{ 3 comments… read them below or add one }

1 Troy Dassler September 18, 2009 at 7:09 pm

I agree, the dragonfly tv folks have done an amazing job with the videos and teacher guides. I liked your question on Tuesday at the NISE Net workshop bringing up the appropriateness of the nano scale in K-12 education. I have been in contact with a few educators about this over the last few years. I have taken the approach (as a first grade teacher) that there are specific skills and concept development that needs to happen when children are developmentally “ready” for higher level understanding of complex ideas. I see that my role is to assure that students have the knowledge necessary to advance to the next level. (See AAAS atlas maps) I really wish there were more studies of child understanding of scale.

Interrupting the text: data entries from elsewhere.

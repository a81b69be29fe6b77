-- ===== src/Fat/Stored.antt =====
-- kernel/fs/fat.c: the bytes of a file in a chain of clusters, as read_chain reads them.
use gnuwindows.Base.{
  ℕ, zero, suc, ◌+◌, ◌-◌, ◌*◌, ◌%◌, ◌^◌, ◌≤◌, ◌<◌, ◌≡◌, refl, sym, ap, ◌∙◌, Bool, true, false, ltb,
  ◌&&◌, List, [], ◌++◌, length, length-append, length-take, take, take_none, Memory, arith,
}
use native.Mathlib.Nat.{mul-le-mul_right, suc-mul}
use gnuwindows.Fat.Disk.{done, bind_done, Disk, Fat, cluster_to_lba}
use gnuwindows.Fat.Table.{is_cluster, fat_get, end_of_chain}
use gnuwindows.Fat.Chain.{read_cluster, read_chain}
use gnuwindows.Fat.Drive.{Works, Fits, table_sector, at, sec, fat_at}
use gnuwindows.Fat.Cells.{fat_get_lem}
use gnuwindows.Fat.Sectors.{Holds, rest_after, part, read_cluster_lem}
use gnuwindows.Fat.Parts.{part-take, part_pos}

-- a cluster of the drive
pub record IsCluster {D : Type 0} (f : Fat D) (c : ℕ) : Type 0 where
  pub two_le : 2 ≤ c
  pub c-lt : c < f.total_clusters + 2

abbrev pub lba_of : {D : Type 0} → Fat D → ℕ → ℕ
lba_of f c = f.data_start + (c - 2) * f.sec_per_cluster

-- The chain that begins at a cluster holds the bytes.
pub data Stored {D : Type 0} {k : Disk D} (w : Works k) (f : Fat D) (d : D)
    : ℕ → List ℕ → Type 0 where
  last_cluster :
      {c : ℕ} {src : List ℕ}
      → IsCluster f c
      → Holds w f d f.sec_per_cluster (lba_of f c) src
      → rest_after f.sec_per_cluster src ≡ []
      → fat_at w f d c ≡ end_of_chain
      → Stored w f d c src
  one_cluster :
      {c next : ℕ} {src : List ℕ}
      → IsCluster f c
      → Holds w f d f.sec_per_cluster (lba_of f c) src
      → fat_at w f d c ≡ next
      → Stored w f d next (rest_after f.sec_per_cluster src)
      → Stored w f d c src

suc_mul : (n m : ℕ) → suc n * m ≡ n * m + m
suc_mul n m = suc-mul n m

and_zero : (b : Bool) → (b && ltb 0 0) ≡ false
and_zero b = ground arith

sum_room :
    (bytes rest src : List ℕ) (left : ℕ)
    → left ≤ length src
    → bytes ++ take (left - length bytes) rest ≡ take left src
    → left - length bytes ≤ length rest
sum_room bytes rest src left le sum =
    let e : length (bytes ++ take (left - length bytes) rest) ≡ length (take left src) =
      ap length sum in
    omega (
      arith,
      length-append bytes (take (left - length bytes) rest),
      length-take (left - length bytes) rest,
      length-take left src,
    )

module _ {D : Type 0} {k : Disk D} (w : Works k) (f : Fat D) (r : Fits w f) where
  pub lba_of-le : (c : ℕ) → IsCluster f c → lba_of f c + f.sec_per_cluster ≤ w.size
  lba_of-le c h = omega (
    arith,
    r.data_below,
    suc_mul (c - 2) f.sec_per_cluster,
    mul-le-mul_right {m = suc (c - 2)} {n = f.total_clusters} f.sec_per_cluster (omega arith),
  )

  pub cluster_to_lba_eq :
      (c : ℕ) (s : Memory) (d : D) → IsCluster f c → cluster_to_lba (at w f s d) c ≡ lba_of f c
  unfolding cluster_to_lba
  cluster_to_lba_eq c s d h =
      let e : (c + 2 ^ 32 - 2) % 2 ^ 32 ≡ c - 2 = omega (arith, r.few_clusters) in
      rw e (omega (arith, lba_of-le c h, r.size_below, r.has_sectors))

  read_stop :
      (n cl left : ℕ) (s : Memory) (d : D)
      → 0 < n
      → (is_cluster cl && ltb 0 left) ≡ false
      → read_chain k n cl left (at w f s d) ≡ done [] (at w f s d)
  unfolding read_chain
  read_stop zero cl left s d pos e = absurd (omega arith)
  read_stop (suc n) cl left s d pos e = rw (e, read_chain) refl

  read_more :
      (n c left : ℕ) (bytes rest : List ℕ) (s s1 s2 : Memory) (d : D)
      → IsCluster f c
      → 0 < left
      → read_cluster k f.sec_per_cluster (lba_of f c) left (at w f s d) ≡ done bytes (at w f s1 d)
      → read_chain k n
          (fat_at w f d c)
          (left - length bytes)
          (at w f (sec w f d (table_sector f c)) d)
        ≡ done rest (at w f s2 d)
      → read_chain k (suc n) c left (at w f s d) ≡ done (bytes ++ rest) (at w f s2 d)
  unfolding read_chain
  read_more n c left bytes rest s s1 s2 d h pos a b =
      let go : (is_cluster c && ltb 0 left) ≡ true = ground (arith, r.few_clusters) in
      rw (go, read_chain, cluster_to_lba_eq c s d h)
        (bind_done (read_cluster k f.sec_per_cluster (lba_of f c) left) _ (at w f s d) a
          ∙ bind_done (fat_get k c) _ (at w f s1 d) (fat_get_lem w f r c s1 d h.c-lt)
          ∙ bind_done (read_chain k n (fat_at w f d c) (left - length bytes)) _
              (at w f (sec w f d (table_sector f c)) d) b)

  part_has :
      (left : ℕ) (src : List ℕ)
      → 0 < left
      → left ≤ length src
      → 0 < length (part f.sec_per_cluster left src)
  part_has left src pos le =
      let e : suc (f.sec_per_cluster - 1) ≡ f.sec_per_cluster = omega (arith, r.has_sectors) in
      rw e at (part_pos (f.sec_per_cluster - 1) left src pos le)

  -- Of a chain that holds some bytes read_chain reads as many as are wanted.
  pub read_chain_lem :
      (n c left : ℕ) (src : List ℕ) (s : Memory) (d : D)
      → left < n
      → left ≤ length src
      → Stored w f d c src
      → (s' : Memory) × (read_chain k n c left (at w f s d) ≡ done (take left src) (at w f s' d))
  read_chain_lem zero c left src s d en le st = absurd (omega arith)
  read_chain_lem (suc n) c zero src s d en le st =
      (s, read_stop (suc n) c 0 s d (omega arith) (and_zero (is_cluster c)))
  read_chain_lem (suc n) c (suc left) src s d en le (last_cluster h held none_left e) =
      let (s1, a) =
        read_cluster_lem w f r.size_below f.sec_per_cluster (lba_of f c) (suc left) src s d
          (lba_of-le c h) le held in
      let bytes = part f.sec_per_cluster (suc left) src in
      let s2 = sec w f d (table_sector f c) in
      (
        s2,
        read_more n c (suc left) bytes [] s s1 s2 d h (omega arith) a (
              read_stop n (fat_at w f d c) (suc left - length bytes) s2 d (omega arith) (rw e refl))
            ∙ ap (λ q. done q (at w f s2 d))
                (ap (λ q. bytes ++ q) (sym (take_none (suc left - length bytes)))
                  ∙ ap (λ q. bytes ++ take (suc left - length bytes) q) (sym none_left)
                  ∙ part-take f.sec_per_cluster (suc left) src le),
      )
  read_chain_lem (suc n) c (suc left) src s d en le (one_cluster h held e st) =
      let (s1, a) =
        read_cluster_lem w f r.size_below f.sec_per_cluster (lba_of f c) (suc left) src s d
          (lba_of-le c h) le held in
      let bytes = part f.sec_per_cluster (suc left) src in
      let rest = rest_after f.sec_per_cluster src in
      let s2 = sec w f d (table_sector f c) in
      let pos = part_has (suc left) src (omega arith) le in
      let sum = part-take f.sec_per_cluster (suc left) src le in
      let room : suc left - length bytes ≤ length rest =
        sum_room bytes rest src (suc left) le sum in
      let (s3, b) =
        read_chain_lem n (fat_at w f d c) (suc left - length bytes) rest s2 d (omega arith) room
          (rw e st) in
      (
        s3,
        read_more n c (suc left) bytes (take (suc left - length bytes) rest) s s1 s3 d h
              (omega arith) a b
            ∙ ap (λ q. done q (at w f s3 d)) sum,
      )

The other obstacle that we have is that children are learning about the nano scale on the street. They are learning a lot of misinformation about nanotechnology. Comic books, cartoons, video games are all talking about nanobots and grey goo that envelops the world on a very macro scale. As an educator, it is a lot easier to teach about new technology than it is to undo years of misinformation and fiction. So, I have been debating with educators about the appropriateness of introducing the nanoscale at an earlier age than would be developmentally appropriate.

Just some random thoughts.

Thanks again for the discussion about nano toxicity.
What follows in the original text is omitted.